Honestly, he’s mad at himself for not working it out sooner. The mirror world. The Underworld. Both places you can’t travel to the normal way. There are mirrors everywhere in the real world; even where you don’t expect them to be, corners where light refracts in just the right way to send it somewhere else. The mirror world is what the Underworld branch of the Library uses to collect their information on everyone’s lives. Put it in a book, send it back to the surface. Total internal reflection.
There are multiple dimensions of space, and infinitely many universes as there are ideas. But a parallel universe is a special place, the flipside of a coin, the tails to its heads. Time, the fourth dimension, doesn’t stop running when you die. It starts running in parallel.
This is first year traveller curriculum. And maybe if Penny had got any further than first year, he’d have made the logical connection that there’s some kind of parallel space going on with mirrors too. But, Penny reflects, he dropped out before he could learn more about parallel universes, because he was kinda busy with saving not one but two universes from destruction instead of being a loser nerd.
So, yeah, no great loss.
“Okay, so assuming it doesn’t take too long to get Q back from the Underworld,” Eliot says, “how long do we have before the twins come back and wreck our shit?”
“There’s no way of knowing,” Julia says. She hates it as much as he does. Q is their glue; they all do.
“We’ll need to get past a dragon first,” Alice says. She looks at her feet. “The Monster smashed up my mirror magic set-up.”
Julia sighs. “I’m all out of priceless objects to give as tribute.”
Alice says, “Kady would know.”
Out of instinct, Julia turns to Penny—Penny 23. He looks back at her, blank.
“Kady’s a little busy with the whole hedge witch rebellion thing,” Penny 23 says.
“More power to her,” Margo says, “but this is some pretty cosmically bad timing for our plant in the goblin market to be otherwise occupied.”
“Do we know anyone else who’d have this shit on hand?” Eliot asks. He’s getting impatient.
“No,” Julia says, as it dawns on her, “but we do know someone who knows all about what dragons like.”
He snatches a moment alone with Julia before they go.
“You know it’s gotta be me who goes to the Underworld, right?”
Julia gives him a sad smile. “Yeah.

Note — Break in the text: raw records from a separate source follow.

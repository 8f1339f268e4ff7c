-- ===== src/Ingest/Hang.antt =====
-- Shutdown of src/ingest.cpp with a full queue.
use ratehub.Prelude.{ℕ, ◌≡◌, sym, subst, List}
use ratehub.BoundedQueue.{waits, push}
use ratehub.Ingest.{Source, Frames, State, Step, SourceStep, FrameStep, Reach}

module _ (capacity k : ℕ) (f : List ℕ) where
  -- The source thread waits in `push` on the full queue, and the frame thread has left.
  pub record IsStuck (s : State) : Type 0 where
    pub source : s.source ≡ Source.pushing f
    pub frames : s.frames ≡ Frames.finished
    pub queue : push capacity s.queue f ≡ waits
    pub done : s.ingest_done ≡ 0

  source-IsStuck : {s t : State} → SourceStep capacity k s t → IsStuck s → IsStuck t
  source-IsStuck (SourceStep.read_frame g rest at e same) v = absurd (cc (at, v.source))
  source-IsStuck (SourceStep.read_end at e same) v = absurd (cc (at, v.source))
  source-IsStuck (SourceStep.source_stops g at h same) v = absurd (cc (at, v.source))
  source-IsStuck (SourceStep.source_goes_on g at h same) v = absurd (cc (at, v.source))
  source-IsStuck (SourceStep.push_frame g q at h same) v = absurd (cc (at, v.source, h, v.queue))
  source-IsStuck (SourceStep.push_refused g q at h same) v = absurd (cc (at, v.source, h, v.queue))
  source-IsStuck (SourceStep.close_queue at same) v = absurd (cc (at, v.source))

  frame-IsStuck : {s t : State} → FrameStep capacity k s t → IsStuck s → IsStuck t
  frame-IsStuck (FrameStep.pop_frame g q at h same) v = absurd (cc (at, v.frames))
  frame-IsStuck (FrameStep.pop_end q at h same) v = absurd (cc (at, v.frames))
  frame-IsStuck (FrameStep.bad_frame g at h same) v = absurd (cc (at, v.frames))
  frame-IsStuck (FrameStep.good_frame g at h same) v = absurd (cc (at, v.frames))
  frame-IsStuck (FrameStep.push_record r at h same) v = absurd (cc (at, v.frames))
  frame-IsStuck (FrameStep.retry_record r at h z same) v = absurd (cc (at, v.frames))
  frame-IsStuck (FrameStep.give_up r at h z same) v = absurd (cc (at, v.frames))

  Step-IsStuck : {s t : State} → Step capacity k s t → IsStuck s → IsStuck t
  Step-IsStuck (Step.by_source step) v = source-IsStuck step v
  Step-IsStuck (Step.by_frames step) v = frame-IsStuck step v
  Step-IsStuck (Step.both_joined at h same) v = absurd (cc (at, v.source))
  Step-IsStuck (Step.consumer_pops h same) v =
      subst IsStuck (sym same)
        (record { source = v.source; frames = v.frames; queue = v.queue; done = v.done })
  Step-IsStuck (Step.shutdown_set same) v =
      subst IsStuck (sym same)
        (record { source = v.source; frames = v.frames; queue = v.queue; done = v.done })

  -- Once the frame thread has left while the source thread waits in `push` on the full queue, nothing
  -- that any thread or process does wakes the source thread, and the process never says that it is done.
  pub ingest_hangs :
      (s t : State)
      → s.source ≡ Source.pushing f
      → s.frames ≡ Frames.finished
      → push capacity s.queue f ≡ waits
      → s.ingest_done ≡ 0
      → Reach capacity k s t
      → (t.source ≡ Source.pushing f) × (t.ingest_done ≡ 0)
  ingest_hangs s t source frames queue done reach = let v = stuck reach in (v.source, v.done)
    where
      stuck : {u : State} → Reach capacity k s u → IsStuck u
      stuck Reach.here = record { source = source; frames = frames; queue = queue; done = done }
      stuck (Reach.later reach' step) = Step-IsStuck step (stuck reach')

You’ll be able to travel once you’re there, so you can find Q more easily. And it’s better that the rest of us stay here, so that we’re on hand to fight the Monsters when they come back.”
“Yeah,” he says. “If anything happens—”
“Spare it,” Julia says, that beautiful teasing look she gets flickering across her face before it slips away again. “Let’s not say our goodbyes, okay? You’ll come back with Q. I know you will.”

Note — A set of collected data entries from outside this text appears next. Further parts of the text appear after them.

-- ===== src/Ingest/SourceSteps.antt =====
-- The steps of the source thread of src/ingest.cpp keep the invariant.
use ratehub.Prelude.{ℕ, inl, refl, sym, ap, ◌∙◌, subst, true, List, [], ◌∷◌, ◌++◌, arith}
use ratehub.BoundedQueue.{close}
use ratehub.BoundedQueue.Refine.{push-IsQueue}
use ratehub.Ingest.Records.{records_before, good_records, records_before-append, at_hand, in_work}
use ratehub.BoundedQueue.Returns.{push_stored, push_refused}
use ratehub.Ingest.{SourceStep, State, blank_frame}
use ratehub.Ingest.Inv.{Inv, items}

module _ (capacity k : ℕ) (file : List (List ℕ)) where
  pub source-Inv :
      {s t : State} → SourceStep capacity k s t → Inv capacity k file s → Inv capacity k file t
  unfolding at_hand in_work records_before good_records close
  source-Inv {s} (SourceStep.read_frame f rest at e same) v =
      subst (Inv capacity k file) (sym same) (record {
        queue = v.queue;
        ring = v.ring;
        order =
            v.order
            ∙ ap
                (λ m.
                  s.sent
                  ++ (s.dropped ++ in_work s.frames (records_before (items capacity k file s) m)))
                (rw (at, e, v.skips (λ x. cc (x, at)) (λ x. cc (x, at))) refl);
        delivered = v.delivered;
        closed = λ c. absurd (cc (v.closed c, at));
        skips = λ a b. v.skips (λ x. cc (x, at)) (λ x. cc (x, at));
        drops = v.drops;
        kept = v.kept;
        read_all = λ z l. absurd (ground arith);
        all_popped = λ z e. absurd (cc ((v.all_popped z e).0, at));
        joined = λ d. absurd (cc ((v.joined d).0, at));
      })
  source-Inv {s} (SourceStep.read_end at e same) v =
      subst (Inv capacity k file) (sym same) (record {
        queue = v.queue;
        ring = v.ring;
        order =
            v.order
            ∙ ap
                (λ m.
                  s.sent
                  ++ (s.dropped ++ in_work s.frames (records_before (items capacity k file s) m)))
                (rw (at, e, v.skips (λ x. cc (x, at)) (λ x. cc (x, at))) refl);
        delivered = v.delivered;
        closed = λ c. absurd (cc (v.closed c, at));
        skips = λ a b. absurd (a refl);
        drops = v.drops;
        kept = v.kept;
        read_all = λ z l. e;
        all_popped = λ z e. absurd (cc ((v.all_popped z e).0, at));
        joined = λ d. absurd (cc ((v.joined d).0, at));
      })
  source-Inv {s} (SourceStep.source_stops f at h same) v =
      subst (Inv capacity k file) (sym same) (record {
        queue = v.queue;
        ring = v.ring;
        order =
            v.order
            ∙ ap
                (λ m.
                  s.sent
                  ++ (s.dropped ++ in_work s.frames (records_before (items capacity k file s) m)))
                (rw (at, v.skips (λ x. cc (x, at)) (λ x. cc (x, at))) refl);
        delivered = v.delivered;
        closed = λ c. absurd (cc (v.closed c, at));
        skips = λ a b. absurd (a refl);
        drops = v.drops;
        kept = λ z. absurd (h z);
        read_all = λ z l. absurd (h z);
        all_popped = λ z e. absurd (cc ((v.all_popped z e).0, at));
        joined = λ d. absurd (cc ((v.joined d).0, at));
      })
  source-Inv {s} (SourceStep.source_goes_on f at h same) v =
      subst (Inv capacity k file) (sym same) (record {
        queue = v.queue;
        ring = v.ring;
        order =
            v.order
            ∙ ap
                (λ m.
                  s.sent
                  ++ (s.dropped ++ in_work s.frames (records_before (items capacity k file s) m)))
                (rw (at, v.skips (λ x. cc (x, at)) (λ x. cc (x, at))) refl);
        delivered = v.delivered;
        closed = λ c. absurd (cc (v.closed c, at));
        skips = λ a b. v.skips (λ x. cc (x, at)) (λ x. cc (x, at));
        drops = v.drops;
        kept = v.kept;
        read_all = λ z l. absurd (ground arith);
        all_popped = λ z e. absurd (cc ((v.all_popped z e).0, at));
        joined = λ d. absurd (cc ((v.joined d).0, at));
      })
  source-Inv {s} (SourceStep.push_frame f q at h same) v =
      let (items_after, closed_after) = push_stored capacity blank_frame s.queue v.queue f q h in
      subst (Inv capacity k file) (sym same) (record {
        queue = push-IsQueue capacity blank_frame s.queue v.queue f true q h;
        ring = v.ring;
        order =
            v.order
            ∙ ap (λ m. s.sent ++ (s.dropped ++ in_work s.frames m))
                (rw
                  (
                    at,
                    items_after,
                    records_before-append (items capacity k file s) (f ∷ [])
                        (records_before s.skipped (good_records s.file)),
                  )
                  refl);
        delivered = v.delivered;
        closed = λ c. absurd (cc (v.closed (sym closed_after ∙ c), at));
        skips = λ a b. v.skips (λ x. cc (x, at)) (λ x. cc (x, at));
        drops = v.drops;
        kept = v.kept;
        read_all = λ z l. absurd (ground arith);
        all_popped = λ z e. absurd (cc ((v.all_popped z e).0, at));
        joined = λ d. absurd (cc ((v.joined d).0, at));
      })
  source-Inv {s} (SourceStep.push_refused f q at h same) v =
      let (was_closed, _) = push_refused capacity blank_frame s.queue v.queue f q h in
      absurd (cc (v.closed was_closed, at))
  source-Inv {s} (SourceStep.close_queue at same) v =
      subst (Inv capacity k file) (sym same) (record {
        queue = record {
          storage = v.queue.storage;
          head_in = v.queue.head_in;
          size_in = v.queue.size_in;
        };
        ring = v.ring;
        order =
            v.order
            ∙ ap
                (λ m.
                  s.sent
                  ++ (s.dropped ++ in_work s.frames (records_before (items capacity k file s) m)))
                (rw (at) refl);
        delivered = v.delivered;
        closed = λ c. refl;
        skips = λ a b. absurd (b refl);
        drops = v.drops;
        kept = v.kept;
        read_all = λ z l. v.read_all z (inl at);
        all_popped = λ z e. (refl, (v.all_popped z e).1);
        joined = λ d. absurd (cc ((v.joined d).0, at));
      })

Only, she was never the one who was good at devotion, was she? Not even in his timeline. She let herself be adored, and she loved him, she did, but never the way he loved her. Not then, not now.
Was it the same with Penny 40 and Kady?
“Fine,” he says. “No goodbyes.”
She kisses him on the cheek, and it sure as hell feels like goodbye.
“I wish Quentin was here,” Poppy says, with an overblown sigh. She frowns, then brightens up and rubs her hands together atop her bulging belly. “But isn’t this a fun little reunion?”
“No,” Alice says. She does not elaborate. She went frosty the first time Poppy said Quentin’s name, and in the fifty times it’s happened since she’s become downright hostile.
Eliot is shitting himself too, and okay, Margo does find it kind of funny, even though she feels bad for him. They’re all here for Quentin. Alice, Eliot, and whatever Poppy thinks she meant to him. Margo’s got her own suspicions about that, but she’s polite enough to keep them to herself. And while those three are having some kind of Who Cares About Quentin The Most stand-off, Julia and Penny 23 are all weird and mopey, and the atmosphere in this sweltering dragon hatchery is so thick you could serve it for dessert.
Of course, the upshot of all this is that Margo’s the only one compos mentis enough to ask the questions that need answering.
“Okay, I’ll get to the point. You know shit about dragons. We need to get to the Underworld, and we don’t have time to find something fancy. Anything simple, anything easy we can give to them… ?”
“A common object that’ll nevertheless charm a dragon,” Poppy says, slow and musing. She taps a finger to her chin, just to draw it out.
Margo is on Alice’s side here.
Poppy’s eyes dart to her unhatched egg. “You could always give a dragon back its child.”
“I thought you cared for that egg like it was your own,” Julia says, baffled.
Poppy shrugs, calculatedly cool. Now Margo isn’t sure who’s side she’s on.
“I did,” Poppy says, “but I care about Quentin too, you know. I want him back as much as any of you.”
“I sincerely doubt that,” Eliot says.
“And,” Poppy says, giving him a venomous stare, “I’ll have my own kid to take care of soon. I don’t need this on my mind too. I need to be, you know, responsible.”
The air in the room grows a little heavier. They’re all looking at each other for answers.
Too many feelings. It’s the kind of situation that needs a heartless bitch.
“We’re not fussy,” Margo sing-songs, shrugging. “We’ll take it.”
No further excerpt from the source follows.